This is why you should consider using model-based clustering
Let’s suppose you have the following data. It contains 177 wines with some characteristics about them. You’d like to group them in such way you can create a marketing campaign, for example.
set.seed(143)
pkgs <- c("mclust", "dplyr")
invisible(lapply(pkgs, require, character.only = TRUE))
df <- read.csv('https://archive.ics.uci.edu/ml/machine-learning-databases/wine/wine.data')
names(df) <- c('Type', 'Alcohol', 'Malic_acid', 'Ash', 'Alcalinity',
'Magnesium', 'Total_phenols', 'Flavanoids',
'Nonflavanoid_phenols', 'Proanthocyanins',
'Color_intensity', 'Hue', 'OD280', 'Proline')
df <- df %>% select(-Type)
glimpse(df)
## Observations: 177
## Variables: 13
## $ Alcohol <dbl> 13.20, 13.16, 14.37, 13.24, 14.20, 14.39, 1…
## $ Malic_acid <dbl> 1.78, 2.36, 1.95, 2.59, 1.76, 1.87, 2.15, 1…
## $ Ash <dbl> 2.14, 2.67, 2.50, 2.87, 2.45, 2.45, 2.61, 2…
## $ Alcalinity <dbl> 11.2, 18.6, 16.8, 21.0, 15.2, 14.6, 17.6, 1…
## $ Magnesium <int> 100, 101, 113, 118, 112, 96, 121, 97, 98, 1…
## $ Total_phenols <dbl> 2.65, 2.80, 3.85, 2.80, 3.27, 2.50, 2.60, 2…
## $ Flavanoids <dbl> 2.76, 3.24, 3.49, 2.69, 3.39, 2.52, 2.51, 2…
## $ Nonflavanoid_phenols <dbl> 0.26, 0.30, 0.24, 0.39, 0.34, 0.30, 0.31, 0…
## $ Proanthocyanins <dbl> 1.28, 2.81, 2.18, 1.82, 1.97, 1.98, 1.25, 1…
## $ Color_intensity <dbl> 4.38, 5.68, 7.80, 4.32, 6.75, 5.25, 5.05, 5…
## $ Hue <dbl> 1.05, 1.03, 0.86, 1.04, 1.05, 1.02, 1.06, 1…
## $ OD280 <dbl> 3.40, 3.17, 3.45, 2.93, 2.85, 3.58, 3.58, 2…
## $ Proline <int> 1050, 1185, 1480, 735, 1450, 1290, 1295, 10…

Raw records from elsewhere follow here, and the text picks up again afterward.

-- ===== src/Workflow/Engine/Ready.antt =====
-- `_ready_indices` and the choice of a batch: pending steps, in the order of their indices.
use era_ai.Prelude.{
  ℕ, zero, suc, ◌+◌, ◌≤◌, ◌≡◌, subst, Bool, true, ◌&&◌, List, [], ◌∷◌, min, length, All, leb, ltb,
  Bool-cases, inl, inr, arith,
}
use era_ai.Workflow.Definition.{WorkflowParallelBlock, WorkflowStep, WorkflowDefinition}
use era_ai.Workflow.Run.{is_pending, StepRow, status_at}
use era_ai.Workflow.Run.Rows.{pending_at}
use era_ai.Workflow.Engine.{deps_ok, ready_from, in_block, keep, take, least, choose_from}

-- Increasing indices, from a bound on.
abbrev pub Above : ℕ → List ℕ → Type 0
Above n [] = Unit
Above n (i ∷ is) = (n ≤ i) × Above (suc i) is

Above-le : (m n : ℕ) (is : List ℕ) → m ≤ n → Above n is → Above m is
Above-le m n [] h a = tt
Above-le m n (i ∷ is) h a = (omega (arith, h, a.0), a.1)

keep-Above : (p : ℕ → Bool) (n : ℕ) (is : List ℕ) → Above n is → Above n (keep p is)
unfolding keep
keep-Above p n [] a = tt
keep-Above p n (i ∷ is) a = elim (Bool-cases (p i)) [
  | inl q ↦ rw q (a.0, keep-Above p (suc i) is a.1)
  | inr q ↦ rw q (keep-Above p n is (Above-le n (suc i) is (omega (arith, a.0)) a.1))
]

take-Above : (k n : ℕ) (is : List ℕ) → Above n is → Above n (take k is)
unfolding take
take-Above zero n is a = tt
take-Above (suc k) n [] a = tt
take-Above (suc k) n (i ∷ is) a = (a.0, take-Above k (suc i) is a.1)

pub ready_from-Above :
    (d : WorkflowDefinition) (rows : List StepRow) (i : ℕ) (ss : List WorkflowStep)
    → Above i (ready_from d rows i ss)
unfolding ready_from
ready_from-Above d rows i [] = tt
ready_from-Above d rows i (s ∷ ss) =
    let one : i + 1 ≡ suc i = omega arith in
    let rest : Above (suc i) (ready_from d rows (i + 1) ss) =
      subst (λ k. Above k (ready_from d rows (i + 1) ss)) one
        (ready_from-Above d rows (i + 1) ss) in
    elim (Bool-cases (is_pending (status_at i rows) && deps_ok d rows s.depends_on)) [
      | inl q ↦ rw q (omega arith, rest)
      | inr q ↦ rw q (Above-le i (suc i) _ (omega arith) rest)
    ]

abbrev pub AllPending : List StepRow → List ℕ → Type 0
AllPending rows = All (λ j. pending_at j rows ≡ true)

keep-All : (P : ℕ → Type 0) (p : ℕ → Bool) (is : List ℕ) → All P is → All P (keep p is)
unfolding keep
keep-All P p [] a = tt
keep-All P p (i ∷ is) a = elim (Bool-cases (p i)) [
  | inl q ↦ rw q (a.0, keep-All P p is a.1)
  | inr q ↦ rw q (keep-All P p is a.1)
]

take-All : (P : ℕ → Type 0) (k : ℕ) (is : List ℕ) → All P is → All P (take k is)
unfolding take
take-All P zero is a = tt
take-All P (suc k) [] a = tt
take-All P (suc k) (i ∷ is) a = (a.0, take-All P k is a.1)

min-either : (P : ℕ → Type 0) (a b : ℕ) → P a → P b → P (min a b)
min-either P a b p q = elim (Bool-cases (ltb a b)) [
  | inl h ↦ subst P (ground (arith, h)) p
  | inr h ↦ subst P (ground (arith, h)) q
]

least-All : (P : ℕ → Type 0) (i : ℕ) (is : List ℕ) → P i → All P is → P (least i is)
unfolding least
least-All P i [] p a = p
least-All P i (j ∷ js) p a = least-All P (min i j) js (min-either P i j p a.0) a.1

pub ready_from-pending :
    (d : WorkflowDefinition) (rows : List StepRow) (i : ℕ) (ss : List WorkflowStep)
    → AllPending rows (ready_from d rows i ss)
unfolding ready_from
ready_from-pending d rows i [] = tt
ready_from-pending d rows i (s ∷ ss) =
    let rest = ready_from-pending d rows (i + 1) ss in
    elim (Bool-cases (is_pending (status_at i rows) && deps_ok d rows s.depends_on)) [
      | inl q ↦ rw q (ground (arith, q), rest)
      | inr q ↦ rw q rest
    ]

-- A batch is of ready steps, each once.
pub choose_from-ready :
    (P : ℕ → Type 0) (limit : ℕ) (d : WorkflowDefinition) (bs : List WorkflowParallelBlock) (i : ℕ)
    (is : List ℕ)
    → Above 0 (i ∷ is)
    → All P (i ∷ is)
    → Above 0 (choose_from limit d bs i is) × All P (choose_from limit d bs i is)
unfolding choose_from
choose_from-ready P limit d [] i is a p = ((omega arith, tt), (least-All P i is p.0 p.1, tt))
choose_from-ready P limit d (b ∷ bs) i is a p =
    let rest = choose_from-ready P limit d bs i is a p in
    let group = keep (in_block d b) (i ∷ is) in
    elim (Bool-cases (leb b.max_concurrency 1)) [
      | inl q ↦ rw q rest
      | inr q ↦ rw q (elim (Bool-cases (ltb 1 (length group))) [
        | inl w ↦ rw w (
          take-Above (min b.max_concurrency limit) 0 group (keep-Above (in_block d b) 0 (i ∷ is) a),
          take-All P (min b.max_concurrency limit) group (keep-All P (in_block d b) (i ∷ is) p),
        )
        | inr w ↦ rw w rest
      ])
    ]
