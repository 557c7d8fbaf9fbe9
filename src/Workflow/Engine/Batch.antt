-- ===== src/Workflow/Engine/Batch.antt =====
-- A batch of steps and the waiting rows: each step's action is requested once at most.
use era_ai.Prelude.{
  ℕ, suc, ◌≤◌, ◌<◌, String, ◌≡◌, refl, sym, ap, ◌∙◌, subst, Bool, true, false, Option, none, some,
  List, [], ◌∷◌, any, Bool-cases, Option-cases, inl, inr, arith,
}
use era_ai.Gate.Records.{ExecutionContext}
use era_ai.Workflow.Definition.{WorkflowStep, WorkflowDefinition}
use era_ai.Workflow.Run.{
  RunStatus, is_pending, Message, StepRow, EngineState, Services, set_run, set_run_failed,
  set_current, ticked, set_run_budget_failed, release_governance,
}
use era_ai.Workflow.Run.Rows.{
  Since, identity, pending_at, sent_count, Calm, Calm-refl, Calm-trans, OnceAt,
}
use era_ai.Workflow.Step.{execute_step}
use era_ai.Workflow.Step.Keeps.{execute_step-OnceAt, execute_step-other}
use era_ai.Workflow.Waiting.{
  WaitOutcome, next, still_waiting, denied_skip, denied_stop, failed, handle_waiting_step,
}
use era_ai.Workflow.Waiting.Keeps.{handle_waiting_step-Calm}
use era_ai.Workflow.Engine.{
  Round, over, again, step_at, refresh_failed, reconcile, after_wait, on_reconciled, claim_batch,
  run_batch, run_claimed, execute_parallel_batch,
}
use era_ai.Workflow.Engine.Ready.{Above, AllPending}

abbrev pub Ends : (EngineState → Type 0) → Round → Type 0
Ends P (over s) = P s
Ends P (again s) = P s

abbrev pub IfSome : (EngineState → Type 0) → Option EngineState → Type 0
IfSome P none = Unit
IfSome P (some s) = P s

module _ (sv : Services) (ctx : ExecutionContext) (w : Since) where
  pub after_wait-Calm :
      (i : ℕ) (o : WaitOutcome) (rest : Bool → EngineState → Option Bool × EngineState)
      (changed : Bool) (s : EngineState)
      → ((c : Bool) (t : EngineState) → Calm i t (rest c t).1)
      → Calm i s (after_wait sv ctx o rest changed s).1
  unfolding after_wait
  after_wait-Calm i next rest changed s h = h true s
  after_wait-Calm i denied_skip rest changed s h = h true s
  after_wait-Calm i still_waiting rest changed s h = h changed s
  after_wait-Calm i failed rest changed s h = Calm-refl i s
  after_wait-Calm i denied_stop rest changed s h = Calm-refl i s

  pub reconcile-Calm :
      (i : ℕ) (rs : List StepRow) (changed : Bool) (s : EngineState)
      → Calm i s (reconcile sv ctx rs changed s).1
  unfolding reconcile
  reconcile-Calm i [] changed s = Calm-refl i s
  reconcile-Calm i (r ∷ rs) changed s =
      Calm-trans i s (handle_waiting_step sv ctx r s).1 _ (handle_waiting_step-Calm sv ctx i r s) (
        after_wait-Calm i (handle_waiting_step sv ctx r s).0 (reconcile sv ctx rs) changed
          (handle_waiting_step sv ctx r s).1 (reconcile-Calm i rs))

  pub on_reconciled-Calm :
      (i : ℕ) (s : EngineState) (p : Option Bool × EngineState)
      → Calm i s p.1
      → Ends (Calm i s) (on_reconciled sv ctx p)
  unfolding on_reconciled set_run
  on_reconciled-Calm i s (none, t) c = c
  on_reconciled-Calm i s (some true, t) c = c
  on_reconciled-Calm i s (some false, t) c = record {
    who = c.who;
    later = c.later;
    back = c.back;
    same = c.same;
  }

  pub claim_batch-Calm :
      (i : ℕ) (is : List ℕ) (s : EngineState)
      → (identity (claim_batch sv ctx is s).1 ≡ identity s)
        × (s.ticks ≤ (claim_batch sv ctx is s).1.ticks)
        × ((claim_batch sv ctx is s).1.rows ≡ s.rows)
        × ((claim_batch sv ctx is s).1.sent ≡ s.sent)
  unfolding claim_batch ticked
  claim_batch-Calm i [] s = (refl, omega arith, refl, refl)
  claim_batch-Calm i (j ∷ js) s = elim (Option-cases (sv.claim_step_budget s.ticks)) [
    | inl q ↦
        let (who, later, rows, sent) = claim_batch-Calm i js (ticked s) in
        rw (q, claim_batch) (who, omega (arith, later), rows, sent)
    | inr (m, q) ↦ rw (q, claim_batch) (refl, omega arith, refl, refl)
  ]

  still_pending :
      (d : WorkflowStep) (i n : ℕ) (is : List ℕ) (s : EngineState)
      → Above n is
      → i < n
      → AllPending s.rows is
      → AllPending (execute_step sv ctx d i s).rows is
  still_pending d i n [] s a l p = tt
  still_pending d i n (j ∷ js) s a l p = (
    execute_step-other sv ctx i j d s (ground (arith, a.0, l)) ∙ p.0,
    still_pending d i (suc j) js s a.1 (omega (arith, l, a.0)) p.1,
  )

  pub run_batch-OnceAt :
      (i : ℕ) (d : WorkflowDefinition) (is : List ℕ) (n : ℕ) (s : EngineState)
      → Above n is
      → AllPending s.rows is
      → OnceAt w i s
      → OnceAt w i (run_batch sv ctx d is s)
  unfolding run_batch set_current
  run_batch-OnceAt i d [] n s a p o = o
  run_batch-OnceAt i d (j ∷ js) n s a p o = elim (Option-cases (step_at j d.steps)) [
    | inl q ↦ rw (q, run_batch) (run_batch-OnceAt i d js (suc j) s a.1 p.1 o)
    | inr (step, q) ↦
        let here = set_current j s in
        rw (q, run_batch)
          (run_batch-OnceAt i d js (suc j) (execute_step sv ctx step j here) a.1
            (still_pending step j (suc j) js here a.1 (omega arith) p.1)
            (execute_step-OnceAt sv ctx w j i step here p.0
              record { is_run = o.is_run; later = o.later; once = o.once; none_yet = o.none_yet }))
  ]

  pub same-OnceAt :
      (i : ℕ) (s t : EngineState)
      → identity t ≡ identity s
      → s.ticks ≤ t.ticks
      → (t.rows ≡ s.rows) × (t.sent ≡ s.sent)
      → OnceAt w i s
      → OnceAt w i t
  same-OnceAt i s t same l (r, e) o = record {
    is_run = same ∙ o.is_run;
    later = omega (arith, l, o.later);
    once = subst (λ xs. sent_count i xs ≤ 1) (sym e) o.once;
    none_yet = λ h. ap (sent_count i) e ∙ o.none_yet (subst (λ rows. pending_at i rows ≡ true) r h);
  }

  pub set_run-OnceAt :
      (i : ℕ) (status : RunStatus) (error : Option Message) (s : EngineState)
      → OnceAt w i s
      → OnceAt w i (set_run status error s)
  unfolding set_run
  set_run-OnceAt i status error s o = same-OnceAt i s _ refl (omega arith) (refl, refl) o

  pub release-OnceAt : (i : ℕ) (s : EngineState) → OnceAt w i s → OnceAt w i (release_governance s)
  unfolding release_governance
  release-OnceAt i s o = same-OnceAt i s _ refl (omega arith) (refl, refl) o

  pub set_run_failed-OnceAt :
      (i : ℕ) (m : Message) (s : EngineState) → OnceAt w i s → OnceAt w i (set_run_failed m s)
  unfolding set_run_failed
  set_run_failed-OnceAt i m s o =
      release-OnceAt i _ (set_run-OnceAt i RunStatus.failed (some m) s o)

  pub refresh_failed-OnceAt :
      (i : ℕ) (r : Option StepRow) (s : EngineState)
      → OnceAt w i s
      → IfSome (OnceAt w i) (refresh_failed r s)
  unfolding refresh_failed
  refresh_failed-OnceAt i none s o = tt
  refresh_failed-OnceAt i (some r) s o =
      elim (Bool-cases (any (λ (q : StepRow). is_pending q.status) s.rows)) [
        | inl q ↦ rw q tt
        | inr q ↦ rw q (release-OnceAt i _ (set_run-OnceAt i _ _ s o))
      ]

  pub run_claimed-OnceAt :
      (i : ℕ) (d : WorkflowDefinition) (is : List ℕ) (p : Option String × EngineState)
      → Above 0 is
      → AllPending p.1.rows is
      → OnceAt w i p.1
      → OnceAt w i (run_claimed sv ctx d is p)
  unfolding run_claimed set_run_budget_failed
  run_claimed-OnceAt i d is (none, s) a h o = run_batch-OnceAt i d is 0 s a h o
  run_claimed-OnceAt i d is (some m, s) a h o = same-OnceAt i s _ refl (omega arith) (refl, refl) o

  pub execute_parallel_batch-OnceAt :
      (i : ℕ) (d : WorkflowDefinition) (is : List ℕ) (s : EngineState)
      → Above 0 is
      → AllPending s.rows is
      → OnceAt w i s
      → OnceAt w i (execute_parallel_batch sv ctx d is s)
  unfolding execute_parallel_batch
  execute_parallel_batch-OnceAt i d is s a h o =
      let claimed = claim_batch-Calm i is s in
      run_claimed-OnceAt i d is (claim_batch sv ctx is s) a
        (subst (λ rows. AllPending rows is) (sym claimed.2) h)
        (same-OnceAt i s (claim_batch sv ctx is s).1 claimed.0 claimed.1 (claimed.2, claimed.3) o)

You decided in some analytical way that the number of groups that best fits your needs is 3. Then you’re probably tempted to run a K-means clustering method to build the groups. This of course makes sense, but you could get a more exciting result. Model-based clustering attempts to manage the fact that traditional clustering algorithms (like K-Means) derive their results without considering uncertainty to the cluster assignments. The most well-known approaches are probably based on Gaussian Mixture Models.
If you run the K-Means method you’ll get something like this:
km <- kmeans(df, centers = 3, iter.max = 10)
plot(df[,c(1:5)], col = c('red3', 'dodgerblue2', 'green3')[km$cluster], pch = 20, main = 'K-Means')
And with a Gaussian Mixture Model you could get something like:
clust <- Mclust(df, G = 3)
plot(clust, what = "uncertainty", addEllipses = FALSE, dimens = c(1:5), cex = 1.7)
These would be the wines with the most uncertainty. Each column represents the probability that each observation belongs to that specific group.
as.data.frame(round(predict(clust, df)$z, 2))[sort(clust$uncertainty, index.return=TRUE, decreasing=TRUE)$ix[1:5],]
## 1 2 3
## 70 0.00 0.22 0.78
## 25 0.78 0.22 0.00
## 81 0.03 0.97 0.00
## 43 0.98 0.02 0.00
## 4 0.99 0.01 0.00
Where the larger the data point, the higher the uncertainty. In this example you might see there’re only few data points where this uncertainty is present, so it seems all clusters are well-defined, but in more complex examples this could be crucial in order to make a decision. Suppose you’d like to send emails for a specific marketing campaign. The decision of whether or not to impact customers could be relevant, so you might consider not affecting those customers who are between two groups.